Made for Ubuntu, but also available on the software repositories of various other popular GNU/Linux distributions, the Snapcraft tool lets application developers easily distribute their apps across multiple operating systems by packaging them in the Snap universal and containerized binary format.

These days, Snaps are being packaged and published by some of the major tech companies, such as Microsoft, Google, Mozilla, Spotify, and others, to make it easier for users to install cross-platforms apps on their GNU/Linux distributions. That's why Canonical decided to make a Windows installer for Snapcraft.

"Support for a Windows installer has been fully fleshed out and ready to be delivered, this means that Snapcraft will soon be able to run natively from Windows," Sergio Schvezov, Software Engineer at Canonical. The Windows installer will allow developers to package their apps as Snaps on Windows 10.

What's new in Snapcraft 3.8

The Snapcraft 3.8 release comes with some goodies for those who are already using the tool, such as support for using the build-bases keyword together with the kernel and snapd snap types, support for the GNOME 3.28 desktop environment via a new extension, as well as a new syntax to ignore packages.

Parallel building hints have been enforced in both the colcon and catkin plugins, and the rust plugin received support for properly and natively building on the s390x architecture.

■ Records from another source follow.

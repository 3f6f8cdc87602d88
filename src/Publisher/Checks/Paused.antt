-- ===== src/Publisher/Checks/Paused.antt =====
-- Calls of `checkCapacity` that overlap: whether a queue that they paused is ever resumed.
use account_service.Common.{
  ℕ, ◌≡◌, refl, ap, ◌∙◌, ◌⊎◌, inl, inr, Bool, true, false, ◌||◌, Option, none, some, List, [], ◌∷◌,
  ◌++◌, String, any, arith, Option-cases, Bool-cases, ==_refl,
}
use account_service.Js.{Outcome, resolved}
use account_service.Scheduler.{Scheduler, IsScheduler}
use account_service.Publisher.{capacity_epoch_timeout_name}
use account_service.Publisher.Decide.{CapacityInfo, CapacityLimit, FailedJob}
use account_service.Publisher.Checks.{
  Phase, reading, fetching, pausing, listing, retrying, resuming, after_info, after_used, Timers,
  add_timer, replace_timer, Shared, Move, info_answered, used_answered, queue_paused,
  pause_answered, pause_refused, jobs_answered, retries_answered, queue_resumed, resume_answered,
  resume_refused, after_jobs, Checks, then_rest, Step, job, timer, orphan, move, Reaches, here,
  next, started,
}

-- A call at this `await` will still register a timer or resume the queue, unless it fails.
covers : Phase → Bool
covers reading = true
covers (fetching info) = true
covers (pausing done info) = true
covers listing = true
covers retrying = true
covers (resuming true) = false
covers (resuming false) = true

next_covers : Option Phase → Bool
unfolding covers
next_covers none = false
next_covers (some phase) = covers phase

any-append :
    (test : Phase → Bool) (xs ys : List Phase) → any test (xs ++ ys) ≡ (any test xs || any test ys)
any-append test [] ys = refl
any-append test (x ∷ xs) ys = ground (arith, any-append test xs ys)

after_used-covers :
    (limit : CapacityLimit) (info : CapacityInfo) (reply : Outcome (Option String)) (phase : Phase)
    → after_used limit info reply ≡ some phase
    → covers phase ≡ true
unfolding covers after_used
after_used-covers limit info reply phase e = ground arith

after_jobs-covers :
    (reply : Outcome (List FailedJob)) (phase : Phase)
    → after_jobs reply ≡ some phase
    → covers phase ≡ true
unfolding covers after_jobs
after_jobs-covers reply phase e = ground arith

module _ (S : Scheduler) (limit : CapacityLimit) where
  -- The answer that the call got is not an error, and the call goes on with it.
  abbrev pub Succeeds :
      {q q' : Shared S} {phase : Phase} {next : Option Phase}
      → Move S limit q phase q' next
      → Type 0
  Succeeds (info_answered reply) = (info : CapacityInfo) × (reply ≡ resolved info)
  Succeeds (used_answered info reply) = (phase : Phase) × (after_used limit info reply ≡ some phase)
  Succeeds (queue_paused info) = Unit
  Succeeds (pause_answered info) = Unit
  Succeeds (pause_refused done info e) = ⊥
  Succeeds (jobs_answered reply) = (phase : Phase) × (after_jobs reply ≡ some phase)
  Succeeds retries_answered = Unit
  Succeeds queue_resumed = Unit
  Succeeds resume_answered = Unit
  Succeeds (resume_refused done e) = ⊥

  abbrev pub StepSucceeds : {c d : Checks S limit} → Step S limit c d → Type 0
  StepSucceeds (job free) = Unit
  StepSucceeds (timer waits) = Unit
  StepSucceeds (orphan n waits) = Unit
  StepSucceeds (move before after phase then q at m) = Succeeds m

  abbrev pub AllSucceed : {c d : Checks S limit} → Reaches S limit c d → Type 0
  AllSucceed here = Unit
  AllSucceed (next run step) = AllSucceed run × StepSucceeds step

  -- If the queue is paused, a timer waits, or a call will see to it.
  abbrev Guarded : Shared S → Bool → Type 0
  Guarded q covered = (q.paused ≡ false) ⊎ ((q.timers.live ≡ true) ⊎ (covered ≡ true))

  rest-covered :
      (before after : List Phase) (then : Option Phase)
      → any covers (before ++ then_rest S limit then after)
        ≡ (any covers before || (next_covers then || any covers after))
  unfolding next_covers
  rest-covered before after none = ground (arith, any-append covers before after)
  rest-covered before after (some phase) = any-append covers before (phase ∷ after)

  module _ (C : IsScheduler S) where
    add_timer-live :
        (delay : ℕ) (t : Timers S)
        → S.timeout t.registry capacity_epoch_timeout_name ≡ none
        → ((add_timer S delay t).live ≡ true) × ((add_timer S delay t).orphans ≡ t.orphans)
    unfolding add_timer
    add_timer-live delay t idle =
        let (r, e, at) = C.add_fresh t.registry capacity_epoch_timeout_name delay idle in
        rw (e, add_timer) (refl, refl)

    -- The registry takes the new timer, whatever it held.
    pub replace_timer-live :
        (delay : ℕ) (t : Timers S)
        → ((replace_timer S delay t).live ≡ true) × ((replace_timer S delay t).orphans ≡ t.orphans)
    unfolding replace_timer
    replace_timer-live delay t =
        elim (Option-cases (S.timeout t.registry capacity_epoch_timeout_name)) [
          | inl idle ↦
              rw (C.does_exist-timeout t.registry capacity_epoch_timeout_name, idle, replace_timer)
                (add_timer-live delay t idle)
          | inr (old, waits) ↦
              let (r, e, at) = C.delete_present t.registry capacity_epoch_timeout_name old waits in
              rw (C.does_exist-timeout t.registry capacity_epoch_timeout_name, waits, replace_timer)
                (rw (e, replace_timer)
                  (add_timer-live delay (record t { registry = r; live = false })
                    (at capacity_epoch_timeout_name ∙ rw (==_refl capacity_epoch_timeout_name))))
        ]

    Move-Guarded :
        {q q' : Shared S} {phase : Phase} {next : Option Phase} (m : Move S limit q phase q' next)
        → Succeeds m
        → Guarded q (covers phase)
        → Guarded q' (next_covers next)
    unfolding next_covers after_info
    Move-Guarded (info_answered reply) (info, e) g = inr (inr (rw (e, after_info) refl))
    Move-Guarded (used_answered info reply) (phase, e) g =
        inr (inr (rw e (after_used-covers limit info reply phase e)))
    Move-Guarded (pause_refused done info e) ok g = elim ok [ ]
    Move-Guarded (queue_paused info) ok g = inr (inr refl)
    Move-Guarded (pause_answered info) ok g = inr (inl (replace_timer-live _ _).0)
    Move-Guarded (jobs_answered reply) (phase, e) g =
        inr (inr (rw e (after_jobs-covers reply phase e)))
    Move-Guarded retries_answered ok g = inr (inr refl)
    Move-Guarded queue_resumed ok g = inl refl
    Move-Guarded resume_answered ok g = ground arith
    Move-Guarded (resume_refused done e) ok g = elim ok [ ]

    Step-Guarded :
        {c d : Checks S limit} (s : Step S limit c d)
        → StepSucceeds s
        → Guarded c.queue (any covers c.running)
        → Guarded d.queue (any covers d.running)
    unfolding covers
    Step-Guarded (job free) ok g = inl free
    Step-Guarded (timer waits) ok g = inr (inr refl)
    Step-Guarded (orphan n waits) ok g = inr (inr refl)
    Step-Guarded {c} (move before after phase then q at m) ok g =
        elim (Bool-cases (any covers before || any covers after)) [
          | inl others ↦ inr (inr (ground (arith, rest-covered before after then)))
          | inr alone ↦
              let split = ap (any covers) at ∙ any-append covers before (phase ∷ after) in
              let mine : Guarded c.queue (covers phase) = ground arith in
              let kept = Move-Guarded m ok mine in ground (arith, rest-covered before after then)
        ]

    Reaches-Guarded :
        {c d : Checks S limit} (run : Reaches S limit c d)
        → AllSucceed run
        → Guarded c.queue (any covers c.running)
        → Guarded d.queue (any covers d.running)
    Reaches-Guarded here ok g = g
    Reaches-Guarded (next run s) (before, last) g =
        Step-Guarded s last (Reaches-Guarded run before g)

    -- However the calls of a process overlap, from its start on, and whether or not Redis held the queue
    -- paused: if no call of the run ends by an error, then whenever all calls are done and the queue is
    -- paused, the timer that tests the capacity again is still to fire.
    pub paused-live :
        (paused : Bool) (registry : S.State) {d : Checks S limit}
        → (run : Reaches S limit (started S limit paused registry) d) → AllSucceed run
        → d.running ≡ []
        → d.queue.paused ≡ true
        → d.queue.timers.live ≡ true
    unfolding started covers
    paused-live paused registry run ok done held =
        ground (arith, Reaches-Guarded run ok (inr (inr refl)), ap (any covers) done)
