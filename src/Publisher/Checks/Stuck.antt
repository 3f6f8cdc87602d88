-- ===== src/Publisher/Checks/Stuck.antt =====
-- Calls of `checkCapacity`: a queue that stays paused for good.
use account_service.Common.{
  ◌≡◌, refl, sym, ap, ◌∙◌, subst, Bool, true, false, Option, none, List, [], ◌∷◌, ◌++◌, arith,
}
use account_service.Js.{Throwable, rejected}
use account_service.Scheduler.{Scheduler, IsScheduler}
use account_service.Publisher.Decide.{CapacityLimit}
use account_service.Publisher.Checks.{
  Phase, reading, after_info, delete_timer_or_ignore, Shared, Move, info_answered, used_answered,
  queue_paused, pause_answered, pause_refused, jobs_answered, retries_answered, queue_resumed,
  resume_answered, resume_refused, Checks, Step, job, timer, orphan, move, Reaches, here, next,
  started,
}
use account_service.Publisher.Checks.Paused.{replace_timer-live}

nil≢split :
    {C : Type 0} (before after : List Phase) (phase : Phase)
    → ◌≡◌ {A = List Phase} [] (before ++ (phase ∷ after))
    → C
nil≢split [] after phase e = cc
nil≢split (x ∷ before) after phase e = cc

module _ (S : Scheduler) (limit : CapacityLimit) where
  -- The queue is paused, and nothing is left that could resume it.
  pub record IsStuck (c : Checks S limit) : Type 0 where
    pub held : c.queue.paused ≡ true
    pub no_timer : c.queue.timers.live ≡ false
    pub no_orphan : c.queue.timers.orphans ≡ 0
    pub no_call : c.running ≡ []

  -- From a state at rest, with the queue paused and the timer still to fire: `capacityInfo` is rejected
  -- once, for the call of the timer.
  pub info_rejected : Checks S limit → Checks S limit
  info_rejected c = record {
    queue = record c.queue { timers = record c.queue.timers { live = false } };
    running = [];
  }

  IsStuck-Step : {C : Type 0} {c d : Checks S limit} → IsStuck c → Step S limit c d → C
  IsStuck-Step s (job free) = cc s.held
  IsStuck-Step s (timer waits) = cc s.no_timer
  IsStuck-Step s (orphan n waits) = cc s.no_orphan
  IsStuck-Step s (move before after phase then q at m) =
      nil≢split before after phase (sym s.no_call ∙ at)

  IsStuck-Reaches : {c d : Checks S limit} → IsStuck c → Reaches S limit c d → d ≡ c
  IsStuck-Reaches s here = refl
  IsStuck-Reaches s (next run step) =
      IsStuck-Step (subst IsStuck (sym (IsStuck-Reaches s run)) s) step

  module _ (C : IsScheduler S) where
    Move-orphans :
        {q q' : Shared S} {phase : Phase} {then : Option Phase}
        → Move S limit q phase q' then
        → q'.timers.orphans ≡ q.timers.orphans
    unfolding delete_timer_or_ignore
    Move-orphans (info_answered reply) = refl
    Move-orphans (used_answered info reply) = refl
    Move-orphans (queue_paused info) = refl
    Move-orphans (pause_answered info) = (replace_timer-live S limit C _ _).1
    Move-orphans (pause_refused done info e) = refl
    Move-orphans (jobs_answered reply) = refl
    Move-orphans retries_answered = ground arith
    Move-orphans queue_resumed = refl
    Move-orphans resume_answered = refl
    Move-orphans (resume_refused done e) = refl

    Reaches-orphans :
        {c d : Checks S limit}
        → Reaches S limit c d
        → c.queue.timers.orphans ≡ 0
        → d.queue.timers.orphans ≡ 0
    Reaches-orphans here e = e
    Reaches-orphans (next run (job free)) e = Reaches-orphans run e
    Reaches-orphans (next run (timer waits)) e = Reaches-orphans run e
    Reaches-orphans (next run (orphan n waits)) e = ground (arith, Reaches-orphans run e)
    Reaches-orphans (next run (move before after phase then q at m)) e =
        Move-orphans m ∙ Reaches-orphans run e

    -- One error loses the queue: where all calls are done, the queue is paused and its timer is still to
    -- fire, the process can come to a state in which the timer has fired and its call was rejected, and
    -- from which no step leads on: the queue stays paused.
    pub info_rejected-IsStuck :
        (paused : Bool) (registry : S.State) (e : Throwable) {c : Checks S limit}
        → (run : Reaches S limit (started S limit paused registry) c) → c.running ≡ []
        → c.queue.paused ≡ true
        → c.queue.timers.live ≡ true
        → Reaches S limit c (info_rejected c)
          × ((d : Checks S limit) → Reaches S limit (info_rejected c) d → IsStuck d)
    unfolding info_rejected after_info started
    info_rejected-IsStuck paused registry e {c} run done held waits =
        let stuck : IsStuck (info_rejected c) = record {
          held = held;
          no_timer = refl;
          no_orphan = Reaches-orphans run refl;
          no_call = refl;
        } in
        (
          next (next here (timer waits))
              (move [] [] reading none _ (ap (◌∷◌ reading) done) (info_answered (rejected e))),
          λ d more. subst IsStuck (sym (IsStuck-Reaches stuck more)) stuck,
        )
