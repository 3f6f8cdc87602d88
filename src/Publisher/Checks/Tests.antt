-- ===== src/Publisher/Checks/Tests.antt =====
-- The theorems on overlapping calls of `checkCapacity`, with two calls that find no capacity.
use account_service.Common.{◌≡◌, refl, true, false, none, some, [], ◌∷◌, string_eq}
use account_service.Js.{resolved, error}
use account_service.Redis.Memory
use account_service.Redis.WatchList
use account_service.Scheduler.Memory as Registry
use account_service.Publisher.Decide.{CapacityLimit, CapacityInfo, amount, decide}
use account_service.Publisher.Tests.{info, world, fresh}
use account_service.Publisher.{check_capacity}
use account_service.Publisher.Checks.{
  reading, fetching, pausing, after_info, after_used, info_answered, used_answered, queue_paused,
  pause_answered, asked, replace_timer, Shared, Checks, job, move, Reaches, here, next, started,
}
use account_service.Publisher.Checks.Paused.{AllSucceed, paused-live}
use account_service.Publisher.Checks.Stuck.{IsStuck, info_rejected, info_rejected-IsStuck}
use account_service.Publisher.Checks.Answered.{Run, answer}
use account_service.Publisher.Checks.Alone.{check_capacity-Run}

abbrev limit : CapacityLimit
limit = record { type = amount; value = record { whole = 10; has_fraction = false } }

abbrev spent : CapacityInfo
spent = record info { remaining_capacity = 0 }

abbrev begun : Checks Registry.memory limit
begun = started Registry.memory limit false Registry.empty

-- A job begins while the call of the start awaits its answer; both find the capacity spent.
abbrev both_exhausted : (d : Checks Registry.memory limit) × Reaches Registry.memory limit begun d
unfolding started after_info after_used asked decide
both_exhausted = (
  _,
  next
      (next
        (next
          (next
            (next
              (next
                (next
                  (next (next here (job refl))
                    (move [] (reading ∷ []) reading _ _ refl (info_answered (resolved spent))))
                  (move [] (reading ∷ []) (fetching spent) _ _ refl
                    (used_answered spent (resolved none))))
                (move (pausing false spent ∷ []) [] reading _ _ refl
                  (info_answered (resolved spent))))
              (move (pausing false spent ∷ []) [] (fetching spent) _ _ refl
                (used_answered spent (resolved none))))
            (move [] (pausing false spent ∷ []) (pausing false spent) _ _ refl
              (queue_paused spent)))
          (move (pausing true spent ∷ []) [] (pausing false spent) _ _ refl (queue_paused spent)))
        (move [] (pausing true spent ∷ []) (pausing true spent) _ _ refl (pause_answered spent)))
      (move [] [] (pausing true spent) _ _ refl (pause_answered spent)),
)

both_exhausted-AllSucceed : AllSucceed Registry.memory limit both_exhausted.1
unfolding started after_info after_used asked decide
both_exhausted-AllSucceed = (
  (
    (
      (
        (
          ((((tt, tt), (spent, refl)), (pausing false spent, refl)), (spent, refl)),
          (pausing false spent, refl),
        ),
        tt,
      ),
      tt,
    ),
    tt,
  ),
  tt,
)

paused-live_example : both_exhausted.0.queue.timers.live ≡ true
unfolding started after_info after_used asked decide
paused-live_example =
    paused-live Registry.memory limit Registry.memory-IsScheduler false Registry.empty
      both_exhausted.1 both_exhausted-AllSucceed refl refl

info_rejected-IsStuck_example :
    Reaches Registry.memory limit both_exhausted.0
      (info_rejected Registry.memory limit both_exhausted.0)
    × ((d : Checks Registry.memory limit)
        → Reaches Registry.memory limit (info_rejected Registry.memory limit both_exhausted.0) d
        → IsStuck Registry.memory limit d)
unfolding started after_info after_used asked decide replace_timer string_eq
info_rejected-IsStuck_example =
    info_rejected-IsStuck Registry.memory limit Registry.memory-IsScheduler false Registry.empty
      (error "disconnected") both_exhausted.1 refl refl refl

-- The queue is paused, and an older timer waits.
abbrev held : Shared Registry.memory
held = record {
  paused = true;
  timers = record { registry = Registry.empty; live = true; orphans = 0 };
  calls = [];
}

check_capacity-Run_example :
    ((u : Shared Registry.memory) × Run Memory.memory WatchList.memory Registry.memory world
        Memory.empty held
        (some reading)
        u)
    × ((u : Shared Registry.memory)
          (run : Run Memory.memory WatchList.memory Registry.memory world Memory.empty held
            (some reading)
            u)
        → let (available, after) =
            check_capacity Memory.memory WatchList.memory Registry.memory world fresh in
          (answer Memory.memory WatchList.memory Registry.memory world Memory.empty run ≡ available)
          × (u.timers.registry ≡ after.registry)
          × (u.calls ≡ after.calls))
check_capacity-Run_example =
    check_capacity-Run Memory.memory WatchList.memory Registry.memory world fresh held refl refl
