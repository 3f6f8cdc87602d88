-- ===== src/Publisher/Nonces.antt =====
-- What a job does to the keys of Redis, and the nonce that it submits with.
use account_service.Common.{
  ℕ, ◌≡◌, refl, ◌∙◌, ◌⊎◌, inl, inr, String, [], ◌∷◌, ◌++◌, string_eq, arith, Bool-cases,
}
use account_service.Js.{Outcome, resolved, rejected, Outcome-cases}
use account_service.Redis.{Keyspace}
use account_service.Redis.WatchList.{WatchList}
use account_service.Scheduler.{Scheduler}
use account_service.Nonce.{get_next_nonce}
use account_service.Types.{TransactionData}
use account_service.Publisher.{
  process, with_capacity, Publisher, World, check_capacity, prepare, called, process_txn, send,
  watch, submit,
}
use account_service.Publisher.Planning.{Plan, Extrinsic}
use account_service.Publisher.Submit.{check_capacity-Same}

module _ (K : Keyspace) (H : WatchList) (S : Scheduler) (world : World) where
  -- What a job may do to the keys: nothing, or what one call for a nonce does.
  submit-cache :
      (d : TransactionData) (p : Publisher K H S)
      → let q = (submit K H S world d (prepare K H S world d) p).1 in
        (q.cache ≡ p.cache) ⊎ (q.cache ≡ (get_next_nonce K world.chain_nonce p.cache).1)
  unfolding submit watch process_txn send
  submit-cache d p = elim (Outcome-cases (prepare K H S world d)) [
    | inr (x, q) ↦ inl (rw (q, submit))
    | inl ((last, planned), q) ↦ elim (Outcome-cases (world.create_extrinsic planned.extrinsic)) [
      | inr (x, c) ↦ inl (ground arith)
      | inl (done, c) ↦ inr (ground arith)
    ]
  ]

  pub process-cache :
      (job_id : String) (d : TransactionData) (p : Publisher K H S)
      → let q = (process K H S world job_id d p).1 in
        (q.cache ≡ p.cache) ⊎ (q.cache ≡ (get_next_nonce K world.chain_nonce p.cache).1)
  unfolding process with_capacity
  process-cache job_id d p =
      let same = (check_capacity-Same K H S world p).2 in
      elim (Bool-cases (check_capacity K H S world p).0) [
        | inr spent ↦ inl (rw (spent, with_capacity) same)
        | inl free ↦
            rw (free, with_capacity) (rw same at (submit-cache d (check_capacity K H S world p).1))
      ]

  -- How a job comes to submit: with the nonce that one call returns, whose lock it leaves.
  abbrev pub Numbered : Publisher K H S → Publisher K H S → Type 0
  Numbered p q =
      (q.submitted ≡ p.submitted)
      ⊎ ((ext : Extrinsic) × (nonce : ℕ) × (get_next_nonce K world.chain_nonce p.cache
            ≡ (resolved nonce, q.cache))
          × (q.submitted ≡ p.submitted ++ ((ext, nonce) ∷ [])))

  process_txn-Numbered :
      (ext : Extrinsic) (p : Publisher K H S) → Numbered p (process_txn K H S world ext p).1
  unfolding process_txn send
  process_txn-Numbered ext p = elim (Outcome-cases (world.create_extrinsic ext)) [
    | inr (t, c) ↦ inl (rw (c, process_txn))
    | inl (done, c) ↦ elim (Outcome-cases (get_next_nonce K world.chain_nonce p.cache).0) [
      | inr (t, e) ↦ inl (rw (c, process_txn) (rw (e, send)))
      | inl (nonce, e) ↦
          inr (ext, nonce, rw (c, process_txn) (rw (e, send)), rw (c, process_txn) (rw (e, send)))
    ]
  ]

  abbrev SameNonces : Publisher K H S → Publisher K H S → Type 0
  SameNonces p q = (q.submitted ≡ p.submitted) × (q.cache ≡ p.cache)

  Numbered-moved :
      (p p' q q' : Publisher K H S)
      → SameNonces p' p
      → SameNonces q q'
      → Numbered p q
      → Numbered p' q'
  Numbered-moved p p' q q' (es, ec) (es', ec') (inl same) = inl (es' ∙ same ∙ es)
  Numbered-moved p p' q q' (es, ec) (es', ec') (inr (ext, nonce, taken, sent)) =
      inr (ext, nonce, rw (ec, ← ec') at taken, rw (es, ← es') at sent)

  watch-Same :
      (d : TransactionData) (planned : Plan) (last : ℕ) (r : Outcome String) (p : Publisher K H S)
      → let q = (watch K H S world d planned last (r, p)).1 in SameNonces p q
  unfolding watch
  watch-Same d planned last (rejected e) p = (refl, refl)
  watch-Same d planned last (resolved h) p = ground arith

  submit-Numbered :
      (d : TransactionData) (p : Publisher K H S)
      → Numbered p (submit K H S world d (prepare K H S world d) p).1
  unfolding submit
  submit-Numbered d p = elim (Outcome-cases (prepare K H S world d)) [
    | inr (x, q) ↦ inl (rw (q, submit))
    | inl ((last, planned), q) ↦
        let sent = process_txn K H S world planned.extrinsic p in
        rw (q, submit)
          (Numbered-moved p p sent.1 (watch K H S world d planned last sent).1 (refl, refl)
            (watch-Same d planned last sent.0 sent.1) (process_txn-Numbered planned.extrinsic p))
  ]

  pub process-Numbered :
      (job_id : String) (d : TransactionData) (p : Publisher K H S)
      → Numbered p (process K H S world job_id d p).1
  unfolding process with_capacity called
  process-Numbered job_id d p =
      let (submitted, watched, cache) = check_capacity-Same K H S world p in
      elim (Bool-cases (check_capacity K H S world p).0) [
        | inr spent ↦ inl (rw (spent, with_capacity) submitted)
        | inl free ↦
            let q = (check_capacity K H S world p).1 in
            let after = (submit K H S world d (prepare K H S world d) q).1 in
            rw (free, with_capacity)
              (Numbered-moved q p after after (submitted, cache) (refl, refl) (submit-Numbered d q))
      ]
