-- ===== src/Scanner/Overlap.antt =====
-- Calls of `scan` that overlap, as the interval timer makes them: each `await` lets another call in.
-- The flag is tested before `checkInitialScanParameters` is awaited, and set after it.
use account_service.Common.{
  ℕ, zero, suc, ◌+◌, ◌≡◌, refl, Bool, true, false, List, [], ◌∷◌, ◌++◌, arith, ap, ◌∙◌, subst,
}

-- Where a call that was let in stands.
pub data Phase : Type 0 where
  -- it awaits `checkInitialScanParameters`; the flag is not set yet
  checking : Phase
  -- it reads and processes blocks
  scanning : Phase

pub record Calls : Type 0 where
  pub scan_in_progress : Bool
  pub running : List Phase

-- A step of one of the calls, up to its next `await` that matters.
pub data Step : Calls → Calls → Type 0 where
  -- the flag is set: the call returns at once
  skip :
      (running : List Phase)
      → Step
          (record { scan_in_progress = true; running = running })
          (record { scan_in_progress = true; running = running })
  -- the flag is clear: the call goes on to the initial check
  enter :
      (running : List Phase)
      → Step
          (record { scan_in_progress = false; running = running })
          (record { scan_in_progress = false; running = checking ∷ running })
  -- the initial check was passed
  begin :
      (flag : Bool) (before after : List Phase)
      → Step
          (record { scan_in_progress = flag; running = before ++ (checking ∷ after) })
          (record { scan_in_progress = true; running = before ++ (scanning ∷ after) })
  -- the call ends, in either phase; `finally` clears the flag
  finish :
      (flag : Bool) (phase : Phase) (before after : List Phase)
      → Step
          (record { scan_in_progress = flag; running = before ++ (phase ∷ after) })
          (record { scan_in_progress = false; running = before ++ after })

pub data Reaches (s : Calls) : Calls → Type 0 where
  here : Reaches s s
  next : {t u : Calls} → Reaches s t → Step t u → Reaches s u

abbrev pub idle : Calls
idle = record { scan_in_progress = false; running = [] }

-- `count` calls in one phase.
abbrev pub in_phase : Phase → ℕ → List Phase
in_phase phase zero = []
in_phase phase (suc count) = phase ∷ in_phase phase count

enter_many :
    (count : ℕ)
    → Reaches idle (record { scan_in_progress = false; running = in_phase checking count })
enter_many zero = here
enter_many (suc count) = next (enter_many count) (enter (in_phase checking count))

abbrev mixed : ℕ → ℕ → List Phase
mixed zero waiting = in_phase checking waiting
mixed (suc started) waiting = scanning ∷ mixed started waiting

mixed-split :
    (started waiting : ℕ)
    → mixed started (suc waiting)
      ≡ in_phase scanning started ++ (checking ∷ in_phase checking waiting)
mixed-split zero waiting = refl
mixed-split (suc started) waiting = ap (◌∷◌ scanning) (mixed-split started waiting)

mixed-next :
    (started waiting : ℕ)
    → in_phase scanning started ++ (scanning ∷ in_phase checking waiting)
      ≡ mixed (suc started) waiting
mixed-next zero waiting = refl
mixed-next (suc started) waiting = ap (◌∷◌ scanning) (mixed-next started waiting)

mixed-zero : (started : ℕ) → mixed started zero ≡ in_phase scanning started
mixed-zero zero = refl
mixed-zero (suc started) = ap (◌∷◌ scanning) (mixed-zero started)

abbrev at : Bool → List Phase → Calls
at flag running = record { scan_in_progress = flag; running = running }

begin_many :
    (waiting started : ℕ) (flag : Bool)
    → Reaches idle (at flag (mixed started waiting))
    → (flag' : Bool) × Reaches idle (at flag' (in_phase scanning (waiting + started)))
begin_many zero started flag r = (
  flag,
  subst (λ xs. Reaches idle (at flag xs))
      (mixed-zero started ∙ ap (in_phase scanning) (omega arith)) r,
)
begin_many (suc waiting) started flag r =
    let split = subst (λ xs. Reaches idle (at flag xs)) (mixed-split started waiting) r in
    let stepped = next split (begin flag (in_phase scanning started) (in_phase checking waiting)) in
    let joined = subst (λ xs. Reaches idle (at true xs)) (mixed-next started waiting) stepped in
    let (flag', done) = begin_many waiting (suc started) true joined in
    (flag', subst (λ k. Reaches idle (at flag' (in_phase scanning k))) (omega arith) done)

-- The flag does not keep scans apart: any number of calls can be scanning at once, and the flag can
-- be clear while they do.
pub scans_overlap :
    (count : ℕ)
    → Reaches idle (record { scan_in_progress = false; running = in_phase scanning count })
scans_overlap count =
    let (flag, r) = begin_many (suc count) zero false (enter_many (suc count)) in
    let total : suc count + zero ≡ suc count = omega arith in
    next (subst (λ k. Reaches idle (at flag (in_phase scanning k))) total r)
      (finish flag scanning [] (in_phase scanning count))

Snapcraft 3.8 also brings support for building inside Podman containers, as well as numerous other smaller fixes.

The full changelog is available on GitHub, from where you can also download Snapcraft 3.8's source code if you're compiling it yourself. Otherwise, we recommend updating your installations to Snapcraft 3.8 via the stable software repositories of your favorite GNU/Linux distribution.